> [Exercise aim]
Transcribe only the lines of the listing below from the one holding "pub record Job : Type 0 where" through the one holding "pub unanswered : Bool", inclusive, without any change.

> [Material for the task]
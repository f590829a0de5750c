-- ===== src/Chapters/Waits.antt =====
-- internal/chapters/backfill.go: what the backfill sets of a title's read row: a hand-out, a claim whose
-- lease ended (expire), and a title that could not be handed out (transient).
use katalog_manager.Base.{ℕ, ◌+◌, Bool, true, false, none, some, leb, if◌then◌else◌}
use katalog_manager.Base.Text.{Text}
use katalog_manager.Picture.Area.{clip}
use katalog_manager.Chapters.Read.{Read, ReadState, state_pending, state_failed, backoff, add_one}

abbrev pub fails_first : ReadState → ReadState
fails_first state_pending = state_failed
fails_first s = s

abbrev is_open : ReadState → Bool
is_open state_pending = true
is_open state_failed = true
is_open _ = false

-- Its claim is handed out and its lease ended: claimedat <= now - lease.
unfoldable pub is_lost : ℕ → ℕ → Read → Bool
is_lost now lease r = elim r.claimed_at [ none ↦ false | some t ↦ leb (t + lease) now ]

-- expire, of one such title; lost is the reason it gives.
unfoldable pub expire_row : Text → ℕ → Read → Read
expire_row lost now r = record r {
  claimed_at = none;
  claimed_by = none;
  lapsed_token = r.claim_token;
  lapsed_claimed = r.claimed_at;
  claim_token = none;
  transients = add_one r.transients;
  next_attempt = some (now + backoff (add_one r.transients));
  state = fails_first r.state;
  reason = if is_open r.state then some lost else r.reason;
  modified = now;
}

-- transient, of a title with a row; one without has a new row, of the state failed.
unfoldable pub transient_row : Text → ℕ → Read → Read
transient_row why now r = record r {
  reason = some (clip 500 why);
  transients = add_one r.transients;
  next_attempt = some (now + backoff (add_one r.transients));
  modified = now;
  state = fails_first r.state;
}

-- The hand-out of a title to a worker, with its token.
unfoldable pub hand_out_row : Text → Text → ℕ → Read → Read
hand_out_row worker token now r = record r {
  claimed_at = some now;
  claimed_by = some (clip 255 worker);
  claim_token = some token;
  last_claimed = some now;
  attempts = add_one r.attempts;
  modified = now;
}
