-- ===== src/Chapters/HandOut.antt =====
-- internal/chapters/backfill.go: handOut, which hands the titles whose records can't say out to a worker,
-- with the leases that ended (expire) and the titles that it finds no original of (transient).
pub mod Turn
pub mod Pace
pub mod Ready
use katalog_manager.Base.{
  ℕ, zero, suc, ◌+◌, ◌-◌, ◌*◌, ◌/◌, Bool, true, false, not, ◌&&◌, ◌||◌, Option, none, some, List,
  [], ◌∷◌, ◌++◌, map, min, max, keep, count, is_some, ltb, leb, ◌==◌, if◌then◌else◌,
}
use katalog_manager.Base.Text.{Text, codes}
use katalog_manager.Base.Choice.{choose}
use katalog_manager.Picture.Area.{hour}
use katalog_manager.Picture.Window.{Window, minute, closes}
use katalog_manager.Chapters.Read.{
  Read, ReadState, state_unreadable, is_held, new_read, same_source,
}
use katalog_manager.Chapters.Waits.{is_lost, expire_row, transient_row, hand_out_row}

-- Settings, but for their problems; its window is a picture.Window, or never holds.
pub record Settings : Type 0 where
  pub on : Bool
  pub window : Window
  pub inflight : ℕ
  pub rate : ℕ
  pub records : ℕ
  pub lease : ℕ

-- A row of the reads' table, and one of the claims'.
pub record Entry : Type 0 where
  pub id : ℕ
  pub read : Read

pub record Handed : Type 0 where
  pub item : ℕ
  pub at : ℕ

pub record Tables : Type 0 where
  pub reads : List Entry
  pub claims : List Handed

-- A title that misses its chapters (missingSQL), with its current original.
pub record Missing : Type 0 where
  pub id : ℕ
  pub is_movie : Bool
  pub source : ℕ
  pub duration : Option ℕ
  pub packaged : Bool

abbrev pub find_read : ℕ → List Entry → Option Read
find_read id [] = none
find_read id (e ∷ es) = if e.id == id then some e.read else find_read id es

-- INSERT ... ON CONFLICT (item_id) DO UPDATE, of a change that makes the new row too.
unfoldable pub put_read : ℕ → ℕ → (Read → Read) → List Entry → List Entry
put_read id now change [] = record { id = id; read = change (new_read now) } ∷ []
put_read id now change (e ∷ es) =
    let rest = put_read id now change es in
    if e.id == id then record e { read = change e.read } ∷ es else e ∷ rest

-- expire
abbrev expire_entry : Text → ℕ → ℕ → Entry → Entry
expire_entry lost lease now e =
    if is_lost now lease e.read then record e { read = expire_row lost now e.read } else e

unfoldable pub expire : Text → ℕ → ℕ → List Entry → List Entry
expire lost lease now es = map (expire_entry lost lease now) es

abbrev pub is_unreadable : ReadState → Bool
is_unreadable state_unreadable = true
is_unreadable _ = false

abbrev pub is_due : ℕ → Option ℕ → Bool
is_due now none = true
is_due now (some t) = leb t now

-- handOutSQL's condition; any says that the catalog reads no records.
abbrev pub row_allows : Bool → ℕ → ℕ → Option Read → Bool
row_allows any now source none = any
row_allows any now source (some r) =
    (any || same_source r.record_source (some source))
    && not (is_unreadable r.state)
    && not (is_held r.state && same_source r.source (some source))
    && not (is_some r.claimed_at)
    && is_due now r.next_attempt

unfoldable pub is_ready : Bool → ℕ → List Entry → Missing → Bool
is_ready any now es t = row_allows any now t.source (find_read t.id es)

abbrev first_of : Bool → Bool → Bool → Bool
first_of a b rest = (a && not b) || (not (b && not a) && rest)

unfoldable pub goes_before : Missing → Missing → Bool
goes_before a b = first_of a.packaged b.packaged (first_of a.is_movie b.is_movie (ltb a.id b.id))

-- handOutSQL
unfoldable pub waiting : Bool → ℕ → ℕ → List Entry → List Missing → List Missing
waiting any now n es ts = choose goes_before n (is_ready any now es) ts

-- What originalOf says of a title: its file, why there is none, or that the storage did not answer: in
-- time (ErrStorageSlow), or as the look was not started (unread).
pub data Look : Type 0 where
  at absent slow unread : Text → Look

pub record Job : Type 0 where
  pub id : ℕ
  pub is_movie : Bool
  pub path : Text
  pub source : ℕ
  pub duration : Option ℕ
  pub token : Text

pub record Out : Type 0 where
  pub tables : Tables
  pub jobs : List Job
  pub unanswered : Bool

unfoldable pub pass_over : Missing → Text → ℕ → Tables → Tables
pass_over t why now ts = record ts { reads = put_read t.id now (transient_row why now) ts.reads }

unfoldable pub give : Missing → Text → Text → ℕ → Tables → Tables
give t worker token now ts = record {
  reads = put_read t.id now (hand_out_row worker token now) ts.reads;
  claims = record { item = t.id; at = now } ∷ ts.claims;
}

abbrev pub job_of : Missing → Text → Text → Job
job_of t path token = record {
  id = t.id;
  is_movie = t.is_movie;
  path = path;
  source = t.source;
  duration = t.duration;
  token = token;
}

abbrev pub add_job : Job → Out → Out
add_job j o = record o { jobs = j ∷ o.jobs }

abbrev pub no_answer : Text → Text
no_answer why = codes "nothing to read now: looking for its original: " ++ why

module _ (look : Missing → Look) (token : Missing → Text) (worker : Text) (now : ℕ) where
  -- One candidate, of which the loop hands out n more at most after it: next is the rest of the loop.
  unfoldable pub next_title : Missing → (ℕ → Tables → Out) → ℕ → Tables → Look → Out
  next_title t next n ts (slow why) = record {
    tables = pass_over t (no_answer why) now ts;
    jobs = [];
    unanswered = true;
  }
  next_title t next n ts (unread why) = record { tables = ts; jobs = []; unanswered = true }
  next_title t next n ts (absent why) =
      next (suc n) (pass_over t (codes "nothing to read: " ++ why) now ts)
  next_title t next n ts (at path) =
      add_job (job_of t path (token t)) (next n (give t worker (token t) now ts))

  -- The loop over the candidates; n titles are left to hand out.
  unfoldable pub look_for : List Missing → ℕ → Tables → Out
  look_for [] n ts = record { tables = ts; jobs = []; unanswered = false }
  look_for (t ∷ cs) zero ts = record { tables = ts; jobs = []; unanswered = false }
  look_for (t ∷ cs) (suc n) ts = next_title t (λ m ts'. look_for cs m ts') n ts (look t)
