-- ===== src/Chapters/HandOut/Turn.antt =====
-- internal/chapters/backfill.go: handOut, whole: its pace, its deadline and its answer.
use katalog_manager.Base.{
  ℕ, zero, suc, ◌+◌, ◌-◌, ◌*◌, Bool, true, false, not, ◌||◌, Option, none, some, List, [], ◌∷◌, min,
  max, keep, count, is_some, ltb, leb, ◌==◌, if◌then◌else◌,
}
use katalog_manager.Base.Text.{Text}
use katalog_manager.Picture.Area.{hour}
use katalog_manager.Picture.Window.{minute, closes}
use katalog_manager.Chapters.HandOut.{
  Settings, Entry, Handed, Tables, Missing, Look, Job, expire, waiting, look_for,
}

-- Why none is handed out.
pub data Why : Type 0 where
  rate_is_0 storage_silent none_missing nothing_found : Why
  in_flight rate_reached none_ready : ℕ → Why

pub data Answer : Type 0 where
  idle : Why → ℕ → Answer
  hands : List Job → ℕ → Answer

abbrev pub is_claimed : Entry → Bool
is_claimed e = is_some e.read.claimed_at

abbrev pub is_recent : ℕ → Handed → Bool
is_recent now h = ltb now (h.at + hour)

abbrev pub inflight : Tables → ℕ
inflight ts = count is_claimed ts.reads

abbrev pub recent : ℕ → Tables → ℕ
recent now ts = count (is_recent now) ts.claims

abbrev earlier : ℕ → Option ℕ → Option ℕ
earlier t none = some t
earlier t (some s) = some (min t s)

unfoldable pub oldest : ℕ → List Handed → Option ℕ
oldest now [] = none
oldest now (h ∷ hs) =
    let rest = oldest now hs in if is_recent now h then earlier h.at rest else rest

abbrev until_room : ℕ → Option ℕ → ℕ
until_room now none = minute
until_room now (some t) = t + hour - now

-- The rows of more than two days are deleted.
unfoldable pub forget : ℕ → List Handed → List Handed
forget now hs = keep (λ h. not (ltb (h.at + 48 * hour) now)) hs

abbrev pub sooner : Option ℕ → ℕ → ℕ
sooner none lease_end = lease_end
sooner (some c) lease_end = if ltb c lease_end then c else lease_end

-- The answer of a hand-out; silent says that a read of this claim was not answered.
unfoldable pub answer : Bool → ℕ → List Missing → ℕ → List Job → Answer
answer silent missing cs deadline (j ∷ js) = hands (j ∷ js) deadline
answer true missing cs deadline [] = idle storage_silent minute
answer false zero cs deadline [] = idle none_missing hour
answer false (suc m) [] deadline [] = idle (none_ready (suc m)) (15 * minute)
answer false (suc m) (c ∷ cs) deadline [] = idle nothing_found minute

abbrev pub jobs_of : Answer → List Job
jobs_of (idle why after) = []
jobs_of (hands js deadline) = js

-- What a hand-out reads besides: the titles that miss their chapters, what the looks find, the tokens
-- that are drawn, the text of a lease that ended, and whether the claim's reads stalled before.
pub record Catalog : Type 0 where
  pub titles : List Missing
  pub missing : ℕ
  pub look : Missing → Look
  pub token : Missing → Text
  pub lost : Text
  pub stalled : Bool

-- The end of handOut, when there is room for n titles.
unfoldable pub hand_out_n : Catalog → Settings → Text → ℕ → ℕ → Tables → Tables × Answer
hand_out_n c s worker n now ts =
    let cs = waiting (s.records == 0) now (n * 8) ts.reads c.titles in
    let o = look_for c.look c.token worker now cs n ts in
    (
      o.tables,
      answer (c.stalled || o.unanswered) c.missing cs (sooner (closes s.window now) (now + s.lease))
          o.jobs,
    )

unfoldable pub hand_out_at : Catalog → Settings → Text → ℕ → ℕ → Tables → Tables × Answer
hand_out_at c s worker limit now ts =
    if leb s.inflight (inflight ts)
    then (ts, idle (in_flight (inflight ts)) minute)
    else if leb s.rate (recent now ts)
    then (ts, idle (rate_reached (recent now ts)) (until_room now (oldest now ts.claims)))
    else hand_out_n c s worker
        (min (min (max limit 1) (s.inflight - inflight ts)) (s.rate - recent now ts)) now ts

-- The leases that ended are expired, and the claims of more than two days forgotten.
abbrev pub renewed : Catalog → Settings → ℕ → Tables → Tables
renewed c s now ts = record {
  reads = expire c.lost s.lease now ts.reads;
  claims = forget now ts.claims;
}

-- handOut
unfoldable pub hand_out : Catalog → Settings → Text → ℕ → ℕ → Tables → Tables × Answer
hand_out c s worker limit now ts =
    if s.rate == 0
    then (ts, idle rate_is_0 (15 * minute))
    else hand_out_at c s worker limit now (renewed c s now ts)
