-- ===== src/Chapters/HandOut/Pace.antt =====
-- internal/chapters/backfill.go: how many titles a hand-out leaves in flight, and how many it hands out.
use katalog_manager.Base.{
  ℕ, zero, suc, ◌+◌, ◌-◌, ◌*◌, ◌≤◌, ◌≡◌, ◌||◌, ◌⊎◌, ◌++◌, refl, Bool, true, false, List, [], ◌∷◌,
  arith, min, max, count, keep, length, inl, inr, ◌==◌,
}
use katalog_manager.Base.Text.{Text, codes}
use katalog_manager.Picture.Window.{closes}
use katalog_manager.Chapters.Read.{Read, new_read}
use katalog_manager.Chapters.Waits.{expire_row, transient_row, hand_out_row}
use katalog_manager.Chapters.HandOut.{
  Settings, Entry, Handed, Tables, Missing, Look, at, absent, slow, unread, Job, Out, expire,
  waiting, look_for, next_title, put_read, pass_over, give, add_job, job_of, no_answer,
}
use katalog_manager.Chapters.HandOut.Turn.{
  Catalog, Answer, sooner, inflight, recent, is_claimed, is_recent, hand_out, hand_out_at,
  hand_out_n, renewed, forget, answer, jobs_of,
}

put_read-count :
    (id now : ℕ) (change : Read → Read) (es : List Entry)
    → count is_claimed (put_read id now change es) ≤ count is_claimed es + 1
unfolding put_read count
put_read-count id now change [] = ground arith
put_read-count id now change (e ∷ es) = ground (arith, put_read-count id now change es)

pass_over-inflight :
    (id now : ℕ) (why : Text) (es : List Entry)
    → count is_claimed (put_read id now (transient_row why now) es) ≤ count is_claimed es
unfolding put_read count transient_row new_read
pass_over-inflight id now why [] = omega arith
pass_over-inflight id now why (e ∷ es) = ground (arith, pass_over-inflight id now why es)

-- What a hand-out keeps of the two counts, with the titles it hands out.
record Paced (now n : ℕ) (before : Tables) (o : Out) : Type 0 where
  claimed : inflight o.tables ≤ inflight before + length o.jobs
  counted : recent now o.tables ≤ recent now before + length o.jobs
  few : length o.jobs ≤ n

pub Look-cases :
    (l : Look)
    → ((why : Text) × (l ≡ slow why))
      ⊎ (((why : Text) × (l ≡ unread why))
          ⊎ (((why : Text) × (l ≡ absent why)) ⊎ ((path : Text) × (l ≡ at path))))
Look-cases (slow why) = inl (why, refl)
Look-cases (unread why) = inr (inl (why, refl))
Look-cases (absent why) = inr (inr (inl (why, refl)))
Look-cases (at path) = inr (inr (inr (path, refl)))

module _ (look : Missing → Look) (token : Missing → Text) (worker : Text) (now : ℕ) where
  stop :
      (n : ℕ) (ts : Tables) → Paced now n ts (record { tables = ts; jobs = []; unanswered = false })
  stop n ts = record { claimed = omega arith; counted = omega arith; few = omega arith }

  module _ (t : Missing) (cs : List Missing) (n : ℕ) (ts : Tables) where
    pub look_for-slow :
        (why : Text)
        → look t ≡ slow why
        → look_for look token worker now (t ∷ cs) (suc n) ts
          ≡ record { tables = pass_over t (no_answer why) now ts; jobs = []; unanswered = true }
    unfolding look_for next_title
    look_for-slow why e = rw e refl

    pub look_for-unread :
        (why : Text)
        → look t ≡ unread why
        → look_for look token worker now (t ∷ cs) (suc n) ts
          ≡ record { tables = ts; jobs = []; unanswered = true }
    unfolding look_for next_title
    look_for-unread why e = rw e refl

    pub look_for-absent :
        (why : Text)
        → look t ≡ absent why
        → look_for look token worker now (t ∷ cs) (suc n) ts
          ≡ look_for look token worker now cs
              (suc n)
              (pass_over t (codes "nothing to read: " ++ why) now ts)
    unfolding look_for next_title
    look_for-absent why e = rw e refl

    pub look_for-at :
        (path : Text)
        → look t ≡ at path
        → look_for look token worker now (t ∷ cs) (suc n) ts
          ≡ add_job
              (job_of t path (token t))
              (look_for look token worker now cs n (give t worker (token t) now ts))
    unfolding look_for next_title
    look_for-at path e = rw e refl

  none_out :
      (n : ℕ) (t : Missing) (why : Text) (ts : Tables)
      → Paced now n ts (record { tables = pass_over t why now ts; jobs = []; unanswered = true })
  unfolding pass_over
  none_out n t why ts = record {
    claimed = omega (arith, pass_over-inflight t.id now why ts.reads);
    counted = omega arith;
    few = omega arith;
  }

  passed :
      (n : ℕ) (t : Missing) (why : Text) (ts : Tables) (o : Out)
      → Paced now n (pass_over t why now ts) o
      → Paced now n ts o
  unfolding pass_over
  passed n t why ts o p = record {
    claimed = omega (arith, pass_over-inflight t.id now why ts.reads, p.claimed);
    counted = p.counted;
    few = p.few;
  }

  given :
      (n : ℕ) (t : Missing) (j : Job) (ts : Tables) (o : Out)
      → Paced now n (give t worker (token t) now ts) o
      → Paced now (suc n) ts (add_job j o)
  unfolding give count
  given n t j ts o p = record {
    claimed =
        omega
          (arith, put_read-count t.id now (hand_out_row worker (token t) now) ts.reads, p.claimed);
    counted = ground (arith, p.counted);
    few = omega (arith, p.few);
  }

  look_for-Paced :
      (cs : List Missing) (n : ℕ) (ts : Tables)
      → Paced now n ts (look_for look token worker now cs n ts)
  look_for-Paced [] n ts = unfold look_for in stop n ts
  look_for-Paced (t ∷ cs) zero ts = unfold look_for in stop zero ts
  look_for-Paced (t ∷ cs) (suc n) ts = elim (Look-cases (look t)) [
    | inl (why, e) ↦ rw (look_for-slow t cs n ts why e) (none_out (suc n) t (no_answer why) ts)
    | inr (inl (why, e)) ↦
        rw (look_for-unread t cs n ts why e)
          (record { claimed = omega arith; counted = omega arith; few = omega arith })
    | inr (inr (inl (why, e))) ↦
        let why' = codes "nothing to read: " ++ why in
        rw (look_for-absent t cs n ts why e)
          (passed (suc n) t why' ts _ (look_for-Paced cs (suc n) (pass_over t why' now ts)))
    | inr (inr (inr (path, e))) ↦ rw (look_for-at t cs n ts path e) (
        given n t (job_of t path (token t)) ts _
          (look_for-Paced cs n (give t worker (token t) now ts)))
  ]

expire-inflight :
    (lost : Text) (lease now : ℕ) (es : List Entry)
    → count is_claimed (expire lost lease now es) ≤ count is_claimed es
unfolding expire count expire_row transient_row
expire-inflight lost lease now [] = omega arith
expire-inflight lost lease now (e ∷ es) = ground (arith, expire-inflight lost lease now es)

forget-recent :
    (now : ℕ) (hs : List Handed) → count (is_recent now) (forget now hs) ≤ count (is_recent now) hs
unfolding forget keep count
forget-recent now [] = omega arith
forget-recent now (h ∷ hs) = ground (arith, forget-recent now hs)

pub jobs_of-answer :
    (silent : Bool) (missing : ℕ) (cs : List Missing) (deadline : ℕ) (js : List Job)
    → jobs_of (answer silent missing cs deadline js) ≡ js
unfolding answer
jobs_of-answer silent missing cs deadline (j ∷ js) = refl
jobs_of-answer true missing cs deadline [] = refl
jobs_of-answer false zero cs deadline [] = refl
jobs_of-answer false (suc m) [] deadline [] = refl
jobs_of-answer false (suc m) (c ∷ cs) deadline [] = refl

-- The tables and the answer of a hand-out keep a pace that starts at two counts.
abbrev KeepsPace : Settings → ℕ → ℕ → ℕ → ℕ → Tables × Answer → Type 0
KeepsPace s limit now before before_recent (ts, a) =
    (inflight ts ≤ max before s.inflight)
    × (recent now ts ≤ max before_recent s.rate)
    × (length (jobs_of a) ≤ max limit 1)

module _ (c : Catalog) (s : Settings) (worker : Text) (limit now : ℕ) where
  hand_out_n-pace :
      (n : ℕ) (ts : Tables)
      → (inflight (hand_out_n c s worker n now ts).0 ≤ inflight ts + n)
        × (recent now (hand_out_n c s worker n now ts).0 ≤ recent now ts + n)
        × (length (jobs_of (hand_out_n c s worker n now ts).1) ≤ n)
  unfolding hand_out_n
  hand_out_n-pace n ts =
      let cs = waiting (s.records == 0) now (n * 8) ts.reads c.titles in
      let o = look_for c.look c.token worker now cs n ts in
      let p = look_for-Paced c.look c.token worker now cs n ts in
      let same =
        jobs_of-answer (c.stalled || o.unanswered) c.missing cs
          (sooner (closes s.window now) (now + s.lease)) o.jobs in
      (omega (arith, p.claimed, p.few), omega (arith, p.counted, p.few), rw same p.few)

  hand_out_at-pace :
      (ts : Tables)
      → KeepsPace s limit now (inflight ts) (recent now ts) (hand_out_at c s worker limit now ts)
  unfolding hand_out_at
  hand_out_at-pace ts =
      let n = min (min (max limit 1) (s.inflight - inflight ts)) (s.rate - recent now ts) in
      let (a, b, d) = hand_out_n-pace n ts in ground arith

  -- A hand-out leaves no more titles in flight than its settings allow, or than there were before it;
  -- no more have been handed out in the last hour, then, than the rate allows, or than had been before
  -- it; and it hands out no more titles than it was asked for, one at least.
  pub hand_out-pace :
      (ts : Tables)
      → (inflight (hand_out c s worker limit now ts).0 ≤ max (inflight ts) s.inflight)
        × (recent now (hand_out c s worker limit now ts).0 ≤ max (recent now ts) s.rate)
        × (length (jobs_of (hand_out c s worker limit now ts).1) ≤ max limit 1)
  unfolding hand_out
  hand_out-pace ts =
      let fewer = expire-inflight c.lost s.lease now ts.reads in
      let kept = forget-recent now ts.claims in
      let (a, b, d) = hand_out_at-pace (renewed c s now ts) in ground arith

> [Solution for this problem]
pub record Job : Type 0 where
  pub id : ℕ
  pub is_movie : Bool
  pub path : Text
  pub source : ℕ
  pub duration : Option ℕ
  pub token : Text

pub record Out : Type 0 where
  pub tables : Tables
  pub jobs : List Job
  pub unanswered : Bool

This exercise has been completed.